When the string "Found" is part of a line in the data below, report the whole line.

> [Records for processing]

———

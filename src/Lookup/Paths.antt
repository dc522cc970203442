-- ===== src/Lookup/Paths.antt =====
-- `getdevice` as a whole: the device name, the rest of the path and the vnode to start from.
use sdp_project_c.Common.{
  ℕ, zero, suc, ◌+◌, ◌-◌, ◌≤◌, ◌<◌, ◌≡◌, ◌∙◌, ap, subst, ◌≢◌, ◌⊎◌, inl, inr, true, false, Option,
  none, some, Returns, Returns-map, Bool-cases, arith, ◌==◌, update, ℕ_discrete,
}
use sdp_project_c.Str.Length.{IsString}
use sdp_project_c.Lookup.{Answer, refused, gives, Vfs, Devices, Start, find_loop, skip_slashes}
use sdp_project_c.Lookup.Refs.{Counted, boot_start, cwd_start, cwd_root}

-- Neither a colon nor a slash.
abbrev pub Plain : ℕ → Type 0
Plain ch = (ch ≢ 58) × (ch ≢ 47)

abbrev pub AllPlain : ℕ → ℕ → ℕ → (ℕ → ℕ) → Type 0
AllPlain path i k m = (x : ℕ) → i ≤ x → x < k → Plain (m (path + x))

-- The first colon or slash of a path of `n` characters, from the character `i` on.
abbrev pub Found : ℕ → ℕ → ℕ → (ℕ → ℕ) → Option ℕ × Option ℕ → Type 0
Found path n i m (slash, some k) = (i ≤ k) × (k < n) × (m (path + k) ≡ 58) × AllPlain path i k m
Found path n i m (some k, none) = (i ≤ k) × (k < n) × (m (path + k) ≡ 47) × AllPlain path i k m
Found path n i m (none, none) = AllPlain path i n m

AllPlain-wider :
    (path i k : ℕ) (m : ℕ → ℕ)
    → Plain (m (path + i))
    → AllPlain path (i + 1) k m
    → AllPlain path i k m
AllPlain-wider path i k m plain h x p q = elim (ℕ_discrete i x) [
  | yes e ↦ subst (λ j. Plain (m (path + j))) e plain
  | no ne ↦ h x (omega arith) q
]

wider :
    (path n i : ℕ) (m : ℕ → ℕ) (r : Option ℕ × Option ℕ)
    → Plain (m (path + i))
    → Found path n (i + 1) m r
    → Found path n i m r
wider path n i m (slash, some k) plain (a, b, c, h) =
    (omega arith, b, c, AllPlain-wider path i k m plain h)
wider path n i m (some k, none) plain (a, b, c, h) =
    (omega arith, b, c, AllPlain-wider path i k m plain h)
wider path n i m (none, none) plain h = AllPlain-wider path i n m plain h

pub find_loop-Found :
    (rounds path n i : ℕ) (m : ℕ → ℕ)
    → IsString path n m
    → i ≤ n
    → n < i + rounds
    → Returns (find_loop rounds path i m) (Found path n i m)
unfolding find_loop
find_loop-Found zero path n i m str le lt = absurd (omega arith)
find_loop-Found (suc rounds) path n i m str le lt = elim (ℕ_discrete i n) [
  | yes e ↦
      let t : (m (path + i) == 0) ≡ true = ground (arith, e, str.last) in
      rw (t, find_loop) (λ x p q. absurd (omega arith))
  | no ne ↦
      let t : (m (path + i) == 0) ≡ false = ground (arith, str.chars i, ne) in
      elim (Bool-cases (m (path + i) == 58)) [
        | inl colon ↦
            rw (t, colon, find_loop)
              (omega arith, omega arith, ground (arith, colon), λ x p q. absurd (omega arith))
        | inr other ↦ elim (Bool-cases (m (path + i) == 47)) [
          | inl slash ↦
              rw (t, other, slash, find_loop)
                (omega arith, omega arith, ground (arith, slash), λ x p q. absurd (omega arith))
          | inr plain ↦
              rw (t, other, plain, find_loop)
                (Returns-map (Found path n (i + 1) m) (Found path n i m)
                  (find_loop rounds path (i + 1) m)
                  (λ r h. wider path n i m r (ground (arith, other), ground (arith, plain)) h)
                  (find_loop-Found rounds path n (i + 1) m str (omega arith) (omega arith)))
        ]
      ]
]

-- The address `b` of the last slash behind the character `a`, or of that.
abbrev pub Landed : ℕ → ℕ → ℕ → (ℕ → ℕ) → ℕ → Type 0
Landed path n a m b =
    (o : ℕ) × (b + 1 ≡ path + o)
    × (a < o)
    × (o ≤ n)
    × (m (path + o) ≢ 47)
    × ((x : ℕ) → a < x → x < o → m (path + x) ≡ 47)

-- Nothing but slashes are passed.
pub skip_slashes-Landed :
    (rounds path n a : ℕ) (m : ℕ → ℕ)
    → m (path + n) ≡ 0
    → a < n
    → n < a + 1 + rounds
    → Returns (skip_slashes rounds (path + a) m) (Landed path n a m)
unfolding skip_slashes
skip_slashes-Landed zero path n a m last below lt = absurd (omega arith)
skip_slashes-Landed (suc rounds) path n a m last below lt =
    elim (Bool-cases (m (path + a + 1) == 47)) [
      | inl slash ↦
          let further : a + 1 < n = elim (ℕ_discrete (a + 1) n) [
            | yes e ↦
                let ends : m (path + a + 1) ≡ 0 = ap m (omega (arith, e)) ∙ last in
                absurd (ground (arith, slash, ends))
            | no ne ↦ omega arith
          ] in
          let here : path + (a + 1) ≡ path + a + 1 = omega arith in
          rw (slash, skip_slashes)
            (Returns-map (Landed path n (a + 1) m) (Landed path n a m)
              (skip_slashes rounds (path + a + 1) m)
              (λ b (o, e, p, q, clean, between). (
                o,
                e,
                omega arith,
                q,
                clean,
                λ x l u. elim (ℕ_discrete (a + 1) x) [
                  | yes at ↦
                      (let moved : path + x ≡ path + a + 1 = omega (arith, at) in
                        ap m moved ∙ ground (arith, slash))
                  | no ne ↦ between x (omega arith) u
                ],
              ))
              (subst (λ b. Returns (skip_slashes rounds b m) (Landed path n (a + 1) m)) here
                (skip_slashes-Landed rounds path n (a + 1) m last further (omega arith))))
      | inr other ↦
          rw (other, skip_slashes)
            (
              a + 1,
              omega arith,
              omega arith,
              omega arith,
              subst (λ b. m b ≢ 47) (omega arith) (the_other other),
              λ x l u. absurd (omega arith),
            )
    ]
  where
    the_other : (m (path + a + 1) == 47) ≡ false → m (path + a + 1) ≢ 47
    the_other other = ground (arith, other)

-- What is left of the path, if it is set: it begins at one of the characters, and not with a slash if there is a
-- vnode to start from.
abbrev pub Rest : ℕ → ℕ → (ℕ → ℕ) → Option ℕ → Type 0
Rest path n m none = Unit
Rest path n m (some sub) =
    (o : ℕ) × (sub ≡ path + o) × (o ≤ n) × IsString (path + o) (n - o) m × (m sub ≢ 47)

abbrev pub IsWritten : Option ℕ → Type 0
IsWritten none = ⊥
IsWritten (some a) = Unit

-- `*subpath` behind leading slashes is set if there is a vnode to start from, and only then.
abbrev pub SetBy : Answer → Option ℕ → Type 0
SetBy (refused e) sub = sub ≡ none
SetBy (gives u) sub = IsWritten sub

-- The four kinds of paths: `name` or `name/...`, `/...`, `:...` and `device:...`.
pub data Kind (d : Devices) (path n : ℕ) (m : ℕ → ℕ) (s : Vfs) (r : Start) : Type 0 where
  by_relative :
      ((AllPlain path 0 n m)
        ⊎ ((k : ℕ) × (0 < k) × (k < n) × (m (path + k) ≡ 47) × AllPlain path 0 k m))
      → r.memory ≡ m
      → r.startvn ≡ cwd_start s
      → r.subpath ≡ some path
      → Kind d path n m s r
  by_slash :
      0 < n
      → m path ≡ 47
      → r.memory ≡ m
      → r.startvn ≡ boot_start s
      → SetBy r.startvn r.subpath
      → Kind d path n m s r
  by_colon :
      0 < n
      → m path ≡ 58
      → r.memory ≡ m
      → r.startvn ≡ cwd_root d s
      → SetBy r.startvn r.subpath
      → Kind d path n m s r
  by_device :
      (k : ℕ)
      → 0 < k
      → k < n
      → m (path + k) ≡ 58
      → AllPlain path 0 k m
      → IsString path k r.memory
      → r.memory ≡ update m (path + k) 0
      → r.startvn ≡ d.vfs_getroot r.memory path
      → IsWritten r.subpath
      → Kind d path n m s r

-- What `getdevice` leaves of a path of `n` characters.
pub record Begins (d : Devices) (path n : ℕ) (m : ℕ → ℕ) (s : Vfs) (r : Start) : Type 0 where
  pub counted : Counted s r.startvn r.vfs
  pub rest : Rest path n r.memory r.subpath
  pub kind : Kind d path n m s r

-- The rest of a path, from its character `o` on.
pub rest-IsString :
    (path n o : ℕ) (m : ℕ → ℕ) → IsString path n m → o ≤ n → IsString (path + o) (n - o) m
rest-IsString path n o m str le = record {
  chars = λ i lt e. str.chars (o + i) (omega arith) (ap m (omega arith) ∙ e);
  last = ap m (omega arith) ∙ str.last;
}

———

> [Expected answer]
abbrev pub Found : ℕ → ℕ → ℕ → (ℕ → ℕ) → Option ℕ × Option ℕ → Type 0
Found path n i m (slash, some k) = (i ≤ k) × (k < n) × (m (path + k) ≡ 58) × AllPlain path i k m
Found path n i m (some k, none) = (i ≤ k) × (k < n) × (m (path + k) ≡ 47) × AllPlain path i k m
Found path n i m (none, none) = AllPlain path i n m
    → Found path n (i + 1) m r
    → Found path n i m r
pub find_loop-Found :
    → Returns (find_loop rounds path i m) (Found path n i m)
find_loop-Found zero path n i m str le lt = absurd (omega arith)
find_loop-Found (suc rounds) path n i m str le lt = elim (ℕ_discrete i n) [
                (Returns-map (Found path n (i + 1) m) (Found path n i m)
                  (find_loop-Found rounds path n (i + 1) m str (omega arith) (omega arith)))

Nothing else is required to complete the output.